Par Laurent GIMENEZ.

Dans la comédie de Molière Le Bourgeois gentilhomme, le personnage principal, monsieur Jourdain, ressent une fierté naïve en apprenant qu’il « dit de la prose » chaque fois qu’il ouvre la bouche, y compris pour demander à sa servante de lui apporter ses pantoufles. De même, Donald Trump serait sans doute surpris d’apprendre qu’il pratique l’écriture latine lorsqu’il rédige ses tweets en lettres majuscules. En effet, les Romains de l’Antiquité écrivaient eux aussi leurs textes en majuscules, tout simplement parce que les minuscules n’existaient pas encore. On le constate aujourd’hui sur certains monuments anciens qui portent des inscriptions latines, comme « SENATVS POPVLVSQUE ROMANVS » (Senatus populusque romanus) ou son abréviation « SPQR », signifiant : « Le Sénat et le peuple romain ».

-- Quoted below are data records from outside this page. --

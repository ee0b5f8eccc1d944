-- ===== src/Models/Names.antt =====
-- `pascal_to_snake` of src/common/tools/text.py and the same expression in `Base.__tablename__`, on
-- names in ASCII: `lower` is Python's there.
use Prim.Native.Char.{char, IsScalar}
use Prim.Native.String.{[], ◌∷◌}
use fastapi_claude_template.Prelude.{
  ℕ, ◌+◌, ◌<◌, arith, String, Char, code, Bool, true, false, not, ◌&&◌, ◌≡◌, refl, ap, ◌∙◌, leb,
  ◌<>◌, if◌then◌else◌,
}

abbrev pub is_capital : Char → Bool
is_capital c = leb b'A' (code c) && leb (code c) b'Z'

pub IsScalar-lt : (n : ℕ) → n < 128 → IsScalar n
IsScalar-lt n h = ground arith

pub code-lt : (c : Char) → is_capital c ≡ true → code c + 32 < 128
code-lt c h = ground arith

abbrev pub lower_if : (c : Char) (b : Bool) → is_capital c ≡ b → Char
lower_if c true h = char (code c + 32) (IsScalar-lt (code c + 32) (code-lt c h))
lower_if c false h = c

abbrev pub lower_char : Char → Char
lower_char c = lower_if c (is_capital c) refl

-- `str.lower` on ASCII
unfoldable pub lower : String → String
lower [] = []
lower (c ∷ s) = lower_char c ∷ lower s

-- `re.sub(r"(?<!^)(?=[A-Z])", "_", s)` after the start
unfoldable pub underscored : String → String
underscored [] = []
underscored (c ∷ s) =
    let rest = underscored s in if is_capital c then "_" <> (c ∷ rest) else c ∷ rest

abbrev pub separated : String → String
separated [] = []
separated (c ∷ s) = c ∷ underscored s

unfoldable pub pascal_to_snake : String → String
unfolding lower underscored
pascal_to_snake name = lower (separated name)

abbrev pub no_capital : String → Bool
no_capital [] = true
no_capital (c ∷ s) = not (is_capital c) && no_capital s

is_capital-lower_if :
    (c : Char) (b : Bool) (h : is_capital c ≡ b) → is_capital (lower_if c b h) ≡ false
is_capital-lower_if c true h = ground arith
is_capital-lower_if c false h = h

no_capital-lower : (s : String) → no_capital (lower s) ≡ true
unfolding lower
no_capital-lower [] = refl
no_capital-lower (c ∷ s) = rw (is_capital-lower_if c (is_capital c) refl, no_capital-lower s) refl

lower_if-false : (c : Char) (b : Bool) (h : is_capital c ≡ b) → b ≡ false → lower_if c b h ≡ c
lower_if-false c true h e = cc
lower_if-false c false h e = refl

no_capital-cons :
    (c : Char) (s : String)
    → no_capital (c ∷ s) ≡ true
    → (is_capital c ≡ false) × (no_capital s ≡ true)
no_capital-cons c s h = ground arith

lower-no_capital : (s : String) → no_capital s ≡ true → lower s ≡ s
unfolding lower
lower-no_capital [] h = refl
lower-no_capital (c ∷ s) h =
    let (first, others) = no_capital-cons c s h in
    rw (lower_if-false c (is_capital c) refl first, lower-no_capital s others) refl

underscored-no_capital : (s : String) → no_capital s ≡ true → underscored s ≡ s
unfolding underscored
underscored-no_capital [] h = refl
underscored-no_capital (c ∷ s) h =
    let (first, others) = no_capital-cons c s h in rw (first, underscored-no_capital s others) refl

separated-no_capital : (s : String) → no_capital s ≡ true → separated s ≡ s
separated-no_capital [] h = refl
separated-no_capital (c ∷ s) h =
    ap (λ t. c ∷ t) (underscored-no_capital s (no_capital-cons c s h).1)

-- A name made of a class name has no capitals, and making a name of it again changes nothing.
pub pascal_to_snake_twice :
    (name : String)
    → (no_capital (pascal_to_snake name) ≡ true)
      × (pascal_to_snake (pascal_to_snake name) ≡ pascal_to_snake name)
unfolding pascal_to_snake
pascal_to_snake_twice name =
    let small = no_capital-lower (separated name) in
    (
      small,
      ap lower (separated-no_capital (lower (separated name)) small)
          ∙ lower-no_capital (lower (separated name)) small,
    )

names_tests :
    (pascal_to_snake "RoleTypeEnum" ≡ "role_type_enum")
    × (pascal_to_snake "User" ≡ "user")
    × (pascal_to_snake "" ≡ "")
unfolding pascal_to_snake
names_tests = (refl, refl, refl)
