-- ===== src/Models.antt =====
-- src/database/psql/models: what the classes `Role` and `User` with their mixins declare of their
-- tables. The relationships are left out, and so is `as_dict`. `func.now()` is its SQL text.
pub mod Names
pub mod Dump
use fastapi_claude_template.Prelude.{
  String, Bool, true, false, Option, none, some, List, [], ◌∷◌, ◌++◌,
}
use fastapi_claude_template.Models.Names.{pascal_to_snake}

pub data ColumnType : Type 0 where
  string boolean uuid : ColumnType
  -- `sa.DateTime(timezone=True)`
  timestamp : ColumnType
  -- `sa.Enum(…, native_enum=False, name=…)` with its values
  enum : List String → String → ColumnType

pub record Column : Type 0 where
  pub name : String
  pub type_ : ColumnType
  pub nullable : Bool
  pub server_default : Option String

pub record ForeignKey : Type 0 where
  pub column : String
  pub target : String
  pub name : String
  pub ondelete : String

pub record Table : Type 0 where
  pub name : String
  pub columns : List Column
  pub primary_key : List String
  pub foreign_keys : List ForeignKey

pub record Index : Type 0 where
  pub name : String
  pub table : String
  pub columns : List String
  pub unique : Bool

-- A `mapped_column` that is not an index by itself, with `index=True` and `unique=True`
pub record MappedColumn : Type 0 where
  pub column : Column
  pub index : Bool
  pub unique : Bool
  pub primary_key : Bool
  pub foreign_key : Option ForeignKey

abbrev pub mapped_column : String → ColumnType → MappedColumn
mapped_column name type_ = record {
  column = record { name = name; type_ = type_; nullable = false; server_default = none };
  index = false;
  unique = false;
  primary_key = false;
  foreign_key = none;
}

abbrev pub with_default : String → MappedColumn → MappedColumn
with_default text c = record c { column = record c.column { server_default = some text } }

-- `UUIDMixin`
abbrev pub uuid_mixin : List MappedColumn
uuid_mixin =
    record (with_default "gen_random_uuid()" (mapped_column "uuid" uuid)) { primary_key = true }
    ∷ []

-- `TimeMixin`
abbrev pub time_mixin : List MappedColumn
time_mixin =
    with_default "now()" (mapped_column "created_at" timestamp)
    ∷ with_default "now()" (mapped_column "updated_at" timestamp)
    ∷ []

-- A class: its name and the columns that it maps
pub record Model : Type 0 where
  pub class_name : String
  pub mapped : List MappedColumn

-- `RoleTypeEnum`
abbrev pub role_type_enum : List String
role_type_enum = "Admin" ∷ "User" ∷ []

unfoldable pub role_model : Model
unfolding pascal_to_snake
role_model = record {
  class_name = "Role";
  mapped =
      record (mapped_column "name" (enum role_type_enum (pascal_to_snake "RoleTypeEnum"))) {
        index = true;
      }
        ∷ uuid_mixin
      ++ time_mixin;
}

unfoldable pub user_model : Model
user_model = record {
  class_name = "User";
  mapped =
      record (mapped_column "login" string) { index = true; unique = true }
        ∷ mapped_column "password" string
        ∷ record (mapped_column "active" boolean) { index = true }
        ∷ record (mapped_column "role_uuid" uuid) {
          foreign_key = some (record {
            column = "role_uuid";
            target = "role.uuid";
            name = "fk_user_role";
            ondelete = "RESTRICT";
          });
        }
        ∷ uuid_mixin
      ++ time_mixin;
}

-- `Base.__tablename__`
unfoldable pub tablename : Model → String
unfolding pascal_to_snake
tablename cls = pascal_to_snake cls.class_name

-- What SQLAlchemy makes of the columns
abbrev pub columns_of : List MappedColumn → List Column
columns_of [] = []
columns_of (c ∷ cs) = c.column ∷ columns_of cs

abbrev name_if : Bool → String → List String → List String
name_if true name names = name ∷ names
name_if false name names = names

abbrev pub primary_keys : List MappedColumn → List String
primary_keys [] = []
primary_keys (c ∷ cs) = name_if c.primary_key c.column.name (primary_keys cs)

abbrev key_if : Option ForeignKey → List ForeignKey → List ForeignKey
key_if none keys = keys
key_if (some k) keys = k ∷ keys

abbrev pub foreign_keys_of : List MappedColumn → List ForeignKey
foreign_keys_of [] = []
foreign_keys_of (c ∷ cs) = key_if c.foreign_key (foreign_keys_of cs)

-- The table of a class in `Base.metadata`
unfoldable pub table_of : Model → Table
unfolding tablename
table_of cls = record {
  name = tablename cls;
  columns = columns_of cls.mapped;
  primary_key = primary_keys cls.mapped;
  foreign_keys = foreign_keys_of cls.mapped;
}

-- The indexes of a class. How an index without a name is called is SQLAlchemy's convention, a
-- function of the table and the column.
module _ (index_name : String → String → String) where
  abbrev index_if : Bool → Index → List Index → List Index
  index_if true i more = i ∷ more
  index_if false i more = more

  abbrev pub indexes_on : String → List MappedColumn → List Index
  indexes_on table [] = []
  indexes_on table (c ∷ cs) =
      index_if c.index
        (record {
          name = index_name table c.column.name;
          table = table;
          columns = c.column.name ∷ [];
          unique = c.unique;
        })
        (indexes_on table cs)

  unfoldable pub indexes_of : Model → List Index
  unfolding tablename
  indexes_of cls = indexes_on (tablename cls) cls.mapped
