-- ===== src/Migrations.antt =====
-- src/migrations/versions: the two revisions, over alembic's operations. These are a parameter;
-- `IsDatabase` states what PostgreSQL documents of the statements that they stand for.
pub mod Catalogs
pub mod Database
pub mod Laws
pub mod Runs
pub mod Numbers
use fastapi_claude_template.Prelude.{String, true, false, Option, none, some, List, [], ◌∷◌}
use fastapi_claude_template.Exec.{Exec, ◌>>=◌, ◌>>◌}
use fastapi_claude_template.Models.{
  Column, ColumnType, string, boolean, uuid, timestamp, enum, Table, Index,
}

pub record Operations (S : Type 0) : Type 0 where
  pub create_table : Table → Exec S (Unit {0})
  pub drop_table : String → Exec S (Unit {0})
  pub create_index : Index → Exec S (Unit {0})
  -- `op.drop_index(name, table_name=…)`
  pub drop_index : String → String → Exec S (Unit {0})
  pub execute : String → Exec S (Unit {0})

-- `sa.Column(name, type, nullable=False)` and with a `server_default`
abbrev pub required : String → ColumnType → Column
required name type_ = record { name = name; type_ = type_; nullable = false; server_default = none }

abbrev pub defaulted : String → ColumnType → String → Column
defaulted name type_ default = record {
  name = name;
  type_ = type_;
  nullable = false;
  server_default = some default;
}

abbrev pub role_table : Table
role_table = record {
  name = "role";
  columns =
      required "name" (enum ("Admin" ∷ "User" ∷ []) "role_type_enum")
      ∷ defaulted "uuid" uuid "gen_random_uuid()"
      ∷ defaulted "created_at" timestamp "now()"
      ∷ defaulted "updated_at" timestamp "now()"
      ∷ [];
  primary_key = "uuid" ∷ [];
  foreign_keys = [];
}

abbrev pub user_table : Table
user_table = record {
  name = "user";
  columns =
      required "login" string
      ∷ required "password" string
      ∷ required "active" boolean
      ∷ required "role_uuid" uuid
      ∷ defaulted "uuid" uuid "gen_random_uuid()"
      ∷ defaulted "created_at" timestamp "now()"
      ∷ defaulted "updated_at" timestamp "now()"
      ∷ [];
  primary_key = "uuid" ∷ [];
  foreign_keys =
      record {
        column = "role_uuid";
        target = "role.uuid";
        name = "fk_user_role";
        ondelete = "RESTRICT";
      }
      ∷ [];
}

abbrev pub role_name_index : Index
role_name_index = record {
  name = "ix_role_name";
  table = "role";
  columns = "name" ∷ [];
  unique = false;
}

abbrev pub user_active_index : Index
user_active_index = record {
  name = "ix_user_active";
  table = "user";
  columns = "active" ∷ [];
  unique = false;
}

abbrev pub user_login_index : Index
user_login_index = record {
  name = "ix_user_login";
  table = "user";
  columns = "login" ∷ [];
  unique = false;
}

abbrev pub insert_roles : String
insert_roles = "INSERT INTO role (name) VALUES ('Admin'), ('User')"

module _ {S : Type 0} (op : Operations S) where
  open op use {create_table, drop_table, create_index, drop_index, execute}

  -- versions/01_3d1a9bc30546_initial.py
  unfoldable pub upgrade_initial : Exec S (Unit {0})
  upgrade_initial = do
    create_table role_table
    create_index role_name_index
    create_table user_table
    create_index user_active_index
    create_index user_login_index
    execute insert_roles

  unfoldable pub downgrade_initial : Exec S (Unit {0})
  downgrade_initial = do
    drop_index "ix_user_login" "user"
    drop_index "ix_user_active" "user"
    drop_table "user"
    drop_index "ix_role_name" "role"
    drop_table "role"

  -- versions/02: the login becomes unique
  unfoldable pub upgrade_unique_login : Exec S (Unit {0})
  upgrade_unique_login = do
    drop_index "ix_user_login" "user"
    create_index (record user_login_index { unique = true })

  unfoldable pub downgrade_unique_login : Exec S (Unit {0})
  downgrade_unique_login = do drop_index "ix_user_login" "user"; create_index user_login_index

  -- `alembic upgrade head` from an empty database and back, each revision in its turn
  unfoldable pub upgrade_head : Exec S (Unit {0})
  unfolding upgrade_initial upgrade_unique_login
  upgrade_head = do upgrade_initial; upgrade_unique_login

  unfoldable pub downgrade_base : Exec S (Unit {0})
  unfolding downgrade_initial downgrade_unique_login
  downgrade_base = do downgrade_unique_login; downgrade_initial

Les minuscules sont apparues progressivement au cours du Moyen Âge avec un double objectif. Premièrement : faciliter et accélérer le travail des copistes grâce aux lettres liées qui permettent d’écrire plus rapidement (écriture dite « cursive »). Deuxièmement : faciliter la lecture et la compréhension des textes en signalant chaque début de phrase par une majuscule. Aujourd’hui encore, cette fonction de clarification du message assurée par les majuscules est primordiale. Comment interpréter la phrase « le chat mange la souris regarde » sans majuscules et sans ponctuation? Faut-il comprendre « Le chat mange. La souris regarde. » ou « Le chat mange la souris. Regarde! »?

Au fil du temps, la majuscule s’est vu attribuer d’autres fonctions qui varient selon les langues. En anglais, elle sert notamment à mettre en valeur ou à honorer la notion que le mot exprime, par exemple un titre de fonction (« He greeted President Trump ») ou une religion et ses adeptes (« Christianity includes Catholics and Protestants »). C’est beaucoup moins le cas en français, où ni le premier ministre Mark Carney, ni les musulmans, les bouddhistes ou les chrétiens n’ont droit à la majuscule.

Alors, à quoi sert la majuscule en français, à part indiquer le début des phrases ou DONNER L’IMPRESSION DE CRIER, comme le fait Donald Trump? Essentiellement, à distinguer les noms propres des noms communs.

La majuscule est la marque des noms propres, une catégorie de mots extrêmement variés dont le point commun, en gros, consiste à désigner des êtres ou des choses qui présentent un caractère unique. Par exemple, le nom « métis » écrit avec une majuscule (les Métis, une Métisse) est un nom propre qui désigne un des trois peuples autochtones du Canada ainsi que ses membres. En revanche, le même nom écrit sans majuscule (des métis, une métisse) est un nom commun désignant toute personne dont les deux parents ont des origines ethniques différentes. À noter que, sauf exception, les adjectifs ne prennent pas la majuscule, même s’ils dérivent d’un nom propre. Exemple : « Les Métis du Canada sont soucieux de garder vivantes les traditions et les langues métisses ».

Alors que l’anglais fait un usage intensif de la majuscule, le français préfère la sobriété : une seule majuscule suffit généralement à indiquer la qualité de nom propre. Exemple : l’Organisation mondiale du commerce (en anglais : World Trade Organization). Mais comme rien n’est jamais simple dans la grammaire française, le nombre et la place des majuscules varient selon les catégories de noms propres. Ex. : le ministère de la Culture, la Seconde Guerre mondiale, Le Petit Prince. En outre, plusieurs noms communs, tels que « dieu », « état », « église », prennent parfois la majuscule pour exprimer un sens particulier.

Pour faire un bon usage de la majuscule dans tous les cas, l’assistance d’un correcteur informatique comme Antidote est particulièrement utile. On peut aussi consulter un bon ouvrage de référence, tel que le dictionnaire en ligne gratuit Usito qui consacre un chapitre détaillé aux principales règles d’emploi de la majuscule.